# Whats your glossiest LSP ?



## nicks16v (Jan 7, 2009)

Hi folks, i hope you are all well. Now I know this is down to the prep of the paintwork primarily, but there are LSP's that make the paint look super glossy and slick afterwards. I'm not too concerned with how long it lasts or even how well it beads, but more the gloss it gives.

I must admit I jumped on the Bead Maker bandwagon, but used it again a couple of weeks ago to finish the car after a wash, and I must say it did make the car noticeably glossier to my eyes, and very slick. The added bonus was that it was a doddle to apply. 
As I'm bored I can feel my wallet itching to try something new, are there other similar products out there that are similar if not better I should try in your opinion ?

Regards

Nick


----------



## GeeWhizRS (Nov 1, 2019)

Bouncers Done & Dusted Si. I use on top of Sonax BSD for additional water repellency.


----------



## Itstony (Jan 19, 2018)

I will bore you then.
As I have not used many, can only add my glossiest, which looks great to me.
Swissvax Mirage. 
Just added second coat to my daily :thumb:
And it's not Swissol, an older purchase. A little goes a long way.


----------



## JU5T1N (Dec 7, 2019)

autobrite project 64 , very similar to beadmaker.


----------



## camerashy (Feb 9, 2014)

Wolfgang Deep Gloss Paint Sealant 3.0


----------



## nicks16v (Jan 7, 2009)

JU5T1N said:


> autobrite project 64 , very similar to beadmaker.


Even looks like it too.


----------



## TonyHill (Jul 28, 2015)

Another vote for Project 64. It's extremely glossy :thumb:


----------



## pt1 (Feb 8, 2014)

M&k wax+ and Done and dusted very glossy

Sent from my CLT-L09 using Tapatalk


----------



## nicks16v (Jan 7, 2009)

I heard some good thinks online about Done and dusted SI edition and also wo-wo's show stopper - Anyone tried them ?


----------



## GSVHammer (Feb 7, 2009)

nicks16v said:


> I heard some good thinks online about Done and dusted SI edition and also wo-wo's show stopper - Anyone tried them ?

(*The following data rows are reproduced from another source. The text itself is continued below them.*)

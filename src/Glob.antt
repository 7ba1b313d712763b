-- ===== src/Glob.antt =====
-- src/mewcode/matching.py: the glob patterns of permission rules and hooks, and their regular
-- expressions. Python's `re` and the name of the system are the parameter `Platform`.
pub mod Escape
use mew_code.Prelude.{
  ℕ, zero, suc, ◌+◌, Bool, true, false, not, ◌&&◌, ◌||◌, Option, none, some, List, [], ◌∷◌, ◌++◌,
  any, contains, ◌==◌, nat_eq, Outcome, ok, err, ◌>>=◌, ◌>>◌, raise_if, if◌then◌else◌,
}
use mew_code.Prelude.Text.{Text, codes}
use mew_code.Permissions.Models.{Specificity}

pub data MatchSubjectKind : Type 0 where
  text path : MatchSubjectKind

-- GlobPatternError of this file, and `re.error`, which `re.compile` raises
pub data MatchError : Type 0 where
  pattern_error re_error : MatchError

-- The value of a token is one character.
pub record GlobToken : Type 0 where
  pub value : ℕ
  pub escaped : Bool

-- The library `re` and `os.name`: the escape of a character, the match of a whole text against a
-- compiled expression with or without IGNORECASE (none is `re.error`), and whether this is Windows.
pub record Platform : Type 0 where
  pub re_escape : ℕ → Text
  pub re_fullmatch : Bool → Text → Text → Option Bool
  pub windows : Bool

-- The characters that a backslash may stand before: \ * ? [ ]
unfoldable pub special : ℕ → Bool
special c = contains (92 ∷ 42 ∷ 63 ∷ 91 ∷ 93 ∷ []) c

-- The loop of `tokenize_glob`, after a backslash or not.
unfoldable pub read_tokens : Bool → Text → Outcome MatchError (List GlobToken)
read_tokens escaped [] = raise_if escaped MatchError.pattern_error >> ok []
read_tokens escaped (c ∷ s) = do
  let opens = not escaped && c == 92
  raise_if (escaped && not (special c)) MatchError.pattern_error
  rest ← read_tokens opens s
  ok (if opens then rest else record { value = c; escaped = escaped } ∷ rest)

-- One round of `_validate_character_classes`: whether it is inside a class, and its content.
unfoldable pub class_step : Bool → ℕ → GlobToken → Outcome MatchError (Bool × ℕ)
class_step inside content token =
    let counted = if inside then content + 1 else content in
    if token.escaped
    then ok (inside, counted)
    else if token.value == 91
    then (raise_if inside MatchError.pattern_error >> ok (true, 0))
    else if token.value == 93
    then (raise_if (not inside || content == 0) MatchError.pattern_error >> ok (false, content))
    else ok (inside, counted)

unfoldable pub validate_character_classes :
    Bool → ℕ → List GlobToken → Outcome MatchError (Unit {0})
validate_character_classes inside content [] = raise_if inside MatchError.pattern_error
validate_character_classes inside content (token ∷ tokens) = do
  state ← class_step inside content token
  validate_character_classes state.0 state.1 tokens

unfoldable pub tokenize_glob : Text → Outcome MatchError (List GlobToken)
tokenize_glob pattern = do
  tokens ← read_tokens false pattern
  validate_character_classes false 0 tokens
  ok tokens

-- A token that is not fixed text: * ? [
unfoldable pub wild : GlobToken → Bool
wild token = not token.escaped && contains (42 ∷ 63 ∷ 91 ∷ []) token.value

unfoldable pub glob_is_exact : Text → Outcome MatchError Bool
glob_is_exact pattern = do tokens ← tokenize_glob pattern; ok (not (any wild tokens))

unfoldable pub fixed_length : List GlobToken → ℕ
fixed_length [] = 0
fixed_length (token ∷ tokens) =
    (if token.escaped || not (contains (42 ∷ 63 ∷ 91 ∷ 93 ∷ []) token.value) then 1 else 0)
    + fixed_length tokens

-- pattern.count("/")
unfoldable pub slashes : Text → ℕ
slashes [] = 0
slashes (c ∷ s) = (if c == 47 then 1 else 0) + slashes s

unfoldable pub glob_specificity : Text → Outcome MatchError Specificity
glob_specificity pattern = do
  tokens ← tokenize_glob pattern
  ok (record {
    exact = if any wild tokens then 0 else 1;
    fixed_text = fixed_length tokens;
    segments = slashes pattern + 1;
  })

-- Where the loop of `compile_glob` is: so many tokens are still to skip, or inside a class.
pub data Reading : Type 0 where
  skip : ℕ → Reading
  in_class : Reading

abbrev pub plain : ℕ → GlobToken → Bool
plain c token = token.value == c && not token.escaped

abbrev pub begins : ℕ → List GlobToken → Bool
begins c [] = false
begins c (token ∷ tokens) = plain c token

abbrev pub begins_second : ℕ → List GlobToken → Bool
begins_second c [] = false
begins_second c (token ∷ tokens) = begins c tokens

-- The expression of one token outside a class, by what follows it.
unfoldable pub part : Platform → Bool → GlobToken → List GlobToken → Text × Reading
part platform path_mode token after =
    if token.escaped
    then (platform.re_escape token.value, Reading.skip 0)
    else if token.value == 42
    then (if path_mode && begins 42 after
        then (if begins_second 47 after
            then (codes "(?:.*/)?", Reading.skip 2)
            else (codes ".*", Reading.skip 1))
        else (if path_mode then codes "[^/]*" else codes ".*", Reading.skip 0))
    else if token.value == 63
    then (if path_mode then codes "[^/]" else codes ".", Reading.skip 0)
    else if token.value == 91
    then ((if path_mode then codes "(?!/)" else []) ++ codes "[", Reading.in_class)
    else (platform.re_escape token.value, Reading.skip 0)

-- A character of a class; \ ] and ^ have a backslash.
unfoldable pub class_part : GlobToken → Text
class_part token =
    if contains (92 ∷ 93 ∷ 94 ∷ []) token.value then 92 ∷ token.value ∷ [] else token.value ∷ []

unfoldable pub parts : Platform → Bool → Reading → List GlobToken → Text
parts platform path_mode (Reading.skip n) [] = []
parts platform path_mode Reading.in_class [] = codes "]"
parts platform path_mode (Reading.skip (suc n)) (token ∷ tokens) =
    parts platform path_mode (Reading.skip n) tokens
parts platform path_mode (Reading.skip zero) (token ∷ tokens) =
    let (out, next) = part platform path_mode token tokens in
    out ++ parts platform path_mode next tokens
parts platform path_mode Reading.in_class (token ∷ tokens) =
    let ends = plain 93 token in
    (if ends then codes "]" else class_part token)
    ++ parts platform path_mode (if ends then Reading.skip 0 else Reading.in_class) tokens

abbrev pub is_path : MatchSubjectKind → Bool
is_path MatchSubjectKind.path = true
is_path MatchSubjectKind.text = false

-- compile_glob: the text of the expression and whether it has IGNORECASE
unfoldable pub compile_glob : Platform → Text → MatchSubjectKind → Outcome MatchError (Text × Bool)
compile_glob platform pattern kind = do
  tokens ← tokenize_glob pattern
  ok (
    94 ∷ parts platform (is_path kind) (Reading.skip 0) tokens ++ 36 ∷ [],
    is_path kind && platform.windows,
  )

unfoldable pub glob_fullmatch : Platform → Text → Text → MatchSubjectKind → Outcome MatchError Bool
glob_fullmatch platform pattern subject kind = do
  compiled ← compile_glob platform pattern kind
  elim (platform.re_fullmatch compiled.1 compiled.0 subject) [
    | none ↦ err MatchError.re_error
    | some b ↦ ok b
  ]

unfoldable pub escape_exact_glob : Text → Text
escape_exact_glob [] = []
escape_exact_glob (c ∷ s) = (if special c then 92 ∷ c ∷ [] else c ∷ []) ++ escape_exact_glob s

I think Pan The Organiser did a video on Show Stopper, looks good but only lasts a few days.


----------



## nicks16v (Jan 7, 2009)

GSVHammer said:


> I think Pan The Organiser did a video on Show Stopper, looks good but only lasts a few days.


Yeah I heard that, but not too worried about how long it lasts to be fair, as long as its super shiny for the time it stays on.

Would these things work as toppers for existing sealants ? Cars both have TW Hydrophobic Sealant wax on them right now which I think is pretty good and lasts easily until the next maintenance wash.


----------



## Zebra (Dec 2, 2010)

*Wax Planet*

Wax Planet Obsidian is extremely glossy.


----------



## gloss.lab (Feb 23, 2020)

GSVHammer said:


> I think Pan The Organiser did a video on Show Stopper, looks good but only lasts a few days.


His YT channel should be banned.
Because of his:
unrealiable tests,
extremely low knowledge,
lack of skill to read product's manual before test,
slippery conclusions because of sponsored videos,
misleading many subscribers

I do not mean that every other channel is perfect, but much better source of knowledge are:
Apex Detailing, NYC Ammo, Forensic Detailing, Car Craft, Autogeek, Xaronfr, Dallas Paint Correction, Fetish Auto detail, Esoteric, white details and more...


----------



## nbray67 (Mar 22, 2012)

Zaino Z8, impossible to get nowadays though.

ODK Entourage.

Ceramic, for me, ZR53 for a glass like look.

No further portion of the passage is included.